- _WHAT YOU WILL DO_
Please make an exact transcription of all the data that follows.

─── MATERIAL SHOWN

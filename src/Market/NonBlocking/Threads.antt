-- ===== src/Market/NonBlocking/Threads.antt =====
-- Which steps of include/market/market_data_system_rw_nonblocking.h are the threads' and which are
-- those of `stop`, for the programs that own the system.
use fix_feed_simulator.Prelude.{◌≡◌, refl, arith, ◌⊎◌, inl, inr, Bool, true, false, Bool-cases, ℕ}
use fix_feed_simulator.Market.Double.{Double}
use fix_feed_simulator.Market.NonBlocking.{Producer, Consumer}
use fix_feed_simulator.Market.NonBlocking.{Monitor}
use fix_feed_simulator.Market.NonBlocking.{
  System, Step, produce, produce_end, push_ok, push_refused, push_again, push_abandon,
  count_generated, consume, consume_end, pop_refused, pop_ok, send_test, send_stopped, send_throws,
  send_returns, count_sent, watch, watch_end, wait_over, wait_stopped, take_generated, take_sent,
  stop, start,
}
use fix_feed_simulator.Market.NonBlocking.Shutdown.{some_can}

module _ {ℓ} {F : Type ℓ} (d : Double F) (rand_max : ℕ) where
  pub is_stop : {s t : System F} → Step d rand_max s t → Bool
  is_stop (stop go) = true
  is_stop _ = false

  abbrev pub ThreadStep : System F → System F → Type ℓ
  ThreadStep s t = (st : Step d rand_max s t) × (is_stop st ≡ false)

  abbrev pub StopStep : System F → System F → Type ℓ
  StopStep s t = (st : Step d rand_max s t) × (is_stop st ≡ true)

  abbrev pub Joined : System F → Type ℓ
  Joined s =
      (s.producer ≡ Producer.finished)
      × (s.consumer ≡ Consumer.finished)
      × (s.monitor ≡ Monitor.finished)

  pub start-running : (has_sender : Bool) → (start d rand_max has_sender).running ≡ true
  unfolding start
  start-running has_sender = refl

  pub thread-running :
      {s t : System F} (st : Step d rand_max s t) → is_stop st ≡ false → t.running ≡ s.running
  unfolding is_stop
  thread-running (stop go) goes_on = cc
  thread-running (produce z rand₁ rand₂ at go) goes_on = refl
  thread-running _ goes_on = refl

  pub stop-running :
      {s t : System F} (st : Step d rand_max s t)
      → is_stop st ≡ true
      → (s.running ≡ true) × (t.running ≡ false)
  unfolding is_stop
  stop-running (stop go) stops = (go, refl)
  stop-running (produce z rand₁ rand₂ at go) stops = cc
  stop-running _ stops = cc

  pub Step-Joined : {s t : System F} → Step d rand_max s t → Joined s → Joined t
  Step-Joined (produce z rand₁ rand₂ at go) joined = ground arith
  Step-Joined (produce_end at go) joined = ground arith
  Step-Joined (push_ok tick at room) joined = ground arith
  Step-Joined (push_refused tick at) joined = ground arith
  Step-Joined (push_again tick at go) joined = ground arith
  Step-Joined (push_abandon tick at go) joined = ground arith
  Step-Joined (count_generated at) joined = ground arith
  Step-Joined (consume at go) joined = ground arith
  Step-Joined (consume_end at go) joined = ground arith
  Step-Joined (pop_refused at) joined = ground arith
  Step-Joined (pop_ok tick rest at e) joined = ground arith
  Step-Joined (send_test message at go) joined = ground arith
  Step-Joined (send_stopped message at go) joined = ground arith
  Step-Joined (send_throws message answer at e) joined = ground arith
  Step-Joined (send_returns message answer outcome at e ne) joined = ground arith
  Step-Joined (count_sent at) joined = ground arith
  Step-Joined (watch at go) joined = ground arith
  Step-Joined (watch_end at go) joined = ground arith
  Step-Joined (wait_over at go) joined = ground arith
  Step-Joined (wait_stopped at go) joined = ground arith
  Step-Joined (take_generated at) joined = ground arith
  Step-Joined (take_sent at) joined = ground arith
  Step-Joined (stop go) joined = joined

  -- With the flag down a thread can step, until all have returned.
  pub thread_can : (s : System F) → s.running ≡ false → Joined s ⊎ ((t : System F) × ThreadStep s t)
  thread_can s off = elim (some_can d rand_max s off) [
    | inl joined ↦ inl joined
    | inr (t, st) ↦ elim (Bool-cases (is_stop st)) [
      | inl stops ↦ absurd (let raised = (stop-running st stops).0 in cc)
      | inr goes_on ↦ inr (t, (st, goes_on))
    ]
  ]

  -- `stop` can be called, or was.
  pub stop_can : (s : System F) → (s.running ≡ false) ⊎ ((t : System F) × StopStep s t)
  stop_can s = elim (Bool-cases s.running) [
    | inl raised ↦ inr (_, (stop raised, unfold is_stop in refl))
    | inr off ↦ inl off
  ]

  -- `stop` can be over while the monitor still waits for its second.
  pub record EarlyStop (has_sender : Bool) : Type ℓ where
    pub watching : System F
    pub over : System F
    pub watches : ThreadStep (start d rand_max has_sender) watching
    pub flags : StopStep watching over
    pub waits : over.monitor ≡ Monitor.waiting
    pub is_down : over.running ≡ false

  pub early_stop : (has_sender : Bool) → EarlyStop has_sender
  unfolding start is_stop
  early_stop has_sender = record {
    watching = _;
    over = _;
    watches = (watch refl refl, refl);
    flags = (stop refl, refl);
    waits = refl;
    is_down = refl;
  }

──────

- _RESPONSE BOX_
filename src/Market/NonBlocking/Threads.antt
-- ===== src/Market/NonBlocking/Threads.antt =====
-- Which steps of include/market/market_data_system_rw_nonblocking.h are the threads' and which are
-- those of `stop`, for the programs that own the system.
use fix_feed_simulator.Prelude.{◌≡◌, refl, arith, ◌⊎◌, inl, inr, Bool, true, false, Bool-cases, ℕ}
use fix_feed_simulator.Market.Double.{Double}
use fix_feed_simulator.Market.NonBlocking.{Producer, Consumer}
use fix_feed_simulator.Market.NonBlocking.{Monitor}
use fix_feed_simulator.Market.NonBlocking.{
  System, Step, produce, produce_end, push_ok, push_refused, push_again, push_abandon,
  count_generated, consume, consume_end, pop_refused, pop_ok, send_test, send_stopped, send_throws,
  send_returns, count_sent, watch, watch_end, wait_over, wait_stopped, take_generated, take_sent,
  stop, start,
}
use fix_feed_simulator.Market.NonBlocking.Shutdown.{some_can}

module _ {ℓ} {F : Type ℓ} (d : Double F) (rand_max : ℕ) where
  pub is_stop : {s t : System F} → Step d rand_max s t → Bool
  is_stop (stop go) = true
  is_stop _ = false

  abbrev pub ThreadStep : System F → System F → Type ℓ
  ThreadStep s t = (st : Step d rand_max s t) × (is_stop st ≡ false)

  abbrev pub StopStep : System F → System F → Type ℓ
  StopStep s t = (st : Step d rand_max s t) × (is_stop st ≡ true)

  abbrev pub Joined : System F → Type ℓ
  Joined s =
      (s.producer ≡ Producer.finished)
      × (s.consumer ≡ Consumer.finished)
      × (s.monitor ≡ Monitor.finished)

  pub start-running : (has_sender : Bool) → (start d rand_max has_sender).running ≡ true
  unfolding start
  start-running has_sender = refl

  pub thread-running :
      {s t : System F} (st : Step d rand_max s t) → is_stop st ≡ false → t.running ≡ s.running
  unfolding is_stop
  thread-running (stop go) goes_on = cc
  thread-running (produce z rand₁ rand₂ at go) goes_on = refl
  thread-running _ goes_on = refl

  pub stop-running :
      {s t : System F} (st : Step d rand_max s t)
      → is_stop st ≡ true
      → (s.running ≡ true) × (t.running ≡ false)
  unfolding is_stop
  stop-running (stop go) stops = (go, refl)
  stop-running (produce z rand₁ rand₂ at go) stops = cc
  stop-running _ stops = cc

  pub Step-Joined : {s t : System F} → Step d rand_max s t → Joined s → Joined t
  Step-Joined (produce z rand₁ rand₂ at go) joined = ground arith
  Step-Joined (produce_end at go) joined = ground arith
  Step-Joined (push_ok tick at room) joined = ground arith
  Step-Joined (push_refused tick at) joined = ground arith
  Step-Joined (push_again tick at go) joined = ground arith
  Step-Joined (push_abandon tick at go) joined = ground arith
  Step-Joined (count_generated at) joined = ground arith
  Step-Joined (consume at go) joined = ground arith
  Step-Joined (consume_end at go) joined = ground arith
  Step-Joined (pop_refused at) joined = ground arith
  Step-Joined (pop_ok tick rest at e) joined = ground arith
  Step-Joined (send_test message at go) joined = ground arith
  Step-Joined (send_stopped message at go) joined = ground arith
  Step-Joined (send_throws message answer at e) joined = ground arith
  Step-Joined (send_returns message answer outcome at e ne) joined = ground arith
  Step-Joined (count_sent at) joined = ground arith
  Step-Joined (watch at go) joined = ground arith
  Step-Joined (watch_end at go) joined = ground arith
  Step-Joined (wait_over at go) joined = ground arith
  Step-Joined (wait_stopped at go) joined = ground arith
  Step-Joined (take_generated at) joined = ground arith
  Step-Joined (take_sent at) joined = ground arith
  Step-Joined (stop go) joined = joined

  -- With the flag down a thread can step, until all have returned.
  pub thread_can : (s : System F) → s.running ≡ false → Joined s ⊎ ((t : System F) × ThreadStep s t)
  thread_can s off = elim (some_can d rand_max s off) [
    | inl joined ↦ inl joined
    | inr (t, st) ↦ elim (Bool-cases (is_stop st)) [
      | inl stops ↦ absurd (let raised = (stop-running st stops).0 in cc)
      | inr goes_on ↦ inr (t, (st, goes_on))
    ]
  ]

  -- `stop` can be called, or was.
  pub stop_can : (s : System F) → (s.running ≡ false) ⊎ ((t : System F) × StopStep s t)
  stop_can s = elim (Bool-cases s.running) [
    | inl raised ↦ inr (_, (stop raised, unfold is_stop in refl))
    | inr off ↦ inl off
  ]

  -- `stop` can be over while the monitor still waits for its second.
  pub record EarlyStop (has_sender : Bool) : Type ℓ where
    pub watching : System F
    pub over : System F
    pub watches : ThreadStep (start d rand_max has_sender) watching
    pub flags : StopStep watching over
    pub waits : over.monitor ≡ Monitor.waiting
    pub is_down : over.running ≡ false

  pub early_stop : (has_sender : Bool) → EarlyStop has_sender
  unfolding start is_stop
  early_stop has_sender = record {
    watching = _;
    over = _;
    watches = (watch refl refl, refl);
    flags = (stop refl, refl);
    waits = refl;
    is_down = refl;
  }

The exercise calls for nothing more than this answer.